TASK OBJECTIVE: Your task is to copy every line of the entries that holds the word "false".

(Stored data)
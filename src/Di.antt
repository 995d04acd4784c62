-- ===== src/Di.antt =====
-- src/common/di/: interfaces as values, and the classes that say that they implement them. A symbol
-- of `Symbol.for` is its name. A class comes with its ancestors, the nearest first, which is the way
-- in which reflect-metadata looks for what is defined on a class.
use lidofinance_lido_council.Shared.{
  ℕ, ◌≡◌, String, Bool, false, ◌||◌, Option, none, some, List, [], ◌∷◌, ◌++◌, ◌==◌, str_eq,
  if◌then◌else◌, arith,
}

-- The map of the global object: the tags that were made
abbrev pub InterfaceMap : Type 0
InterfaceMap = List String

unfoldable pub includes_tag : String → List String → Bool
includes_tag tag [] = false
includes_tag tag (t ∷ tags) = str_eq t tag || includes_tag tag tags

-- `createInterface`: the tag of the name, and the map with it
unfoldable pub create_interface : String → InterfaceMap → String × InterfaceMap
unfolding includes_tag
create_interface name interface_map =
    if includes_tag name interface_map
    then (name, interface_map)
    else (name, interface_map ++ name ∷ [])

-- The tags that each class was given
abbrev pub Metadata : Type 0
Metadata = List (ℕ × List String)

unfoldable pub own_metadata : ℕ → Metadata → Option (List String)
own_metadata class_id [] = none
own_metadata class_id ((id, tags) ∷ metadata) =
    if id == class_id then some tags else own_metadata class_id metadata

abbrev or_inherited : Option (List String) → Option (List String) → Option (List String)
or_inherited none inherited = inherited
or_inherited (some tags) inherited = some tags

-- `Reflect.getMetadata`
unfoldable pub get_metadata : List ℕ → Metadata → Option (List String)
unfolding own_metadata
get_metadata [] metadata = none
get_metadata (class_id ∷ ancestors) metadata =
    or_inherited (own_metadata class_id metadata) (get_metadata ancestors metadata)

abbrev tags_of : Option (List String) → List String
tags_of none = []
tags_of (some tags) = tags

-- `implementationOf`; what is defined last hides what was defined before.
unfoldable pub implementation_of : String → ℕ → List ℕ → Metadata → Metadata
unfolding get_metadata
implementation_of tag target ancestors metadata =
    (target, tag ∷ tags_of (get_metadata (target ∷ ancestors) metadata)) ∷ metadata

-- `doesImplement`; `none` is `undefined`.
unfoldable pub does_implement : Option (List ℕ) → String → Metadata → Bool
unfolding includes_tag get_metadata
does_implement none tag metadata = false
does_implement (some constructors) tag metadata =
    includes_tag tag (tags_of (get_metadata constructors metadata))

-- An instance of a decorated class implements the new interface and those that it implemented.
does_implement-implementation_of :
    (tag other : String) (target : ℕ) (ancestors : List ℕ) (metadata : Metadata)
    → does_implement
        (some (target ∷ ancestors))
        other
        (implementation_of tag target ancestors metadata)
      ≡ str_eq tag other || does_implement (some (target ∷ ancestors)) other metadata
unfolding does_implement implementation_of get_metadata own_metadata includes_tag
does_implement-implementation_of tag other target ancestors metadata = ground arith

ANSWER FOR THE TASK:
  ℕ, ◌≡◌, String, Bool, false, ◌||◌, Option, none, some, List, [], ◌∷◌, ◌++◌, ◌==◌, str_eq,
includes_tag tag [] = false
does_implement none tag metadata = false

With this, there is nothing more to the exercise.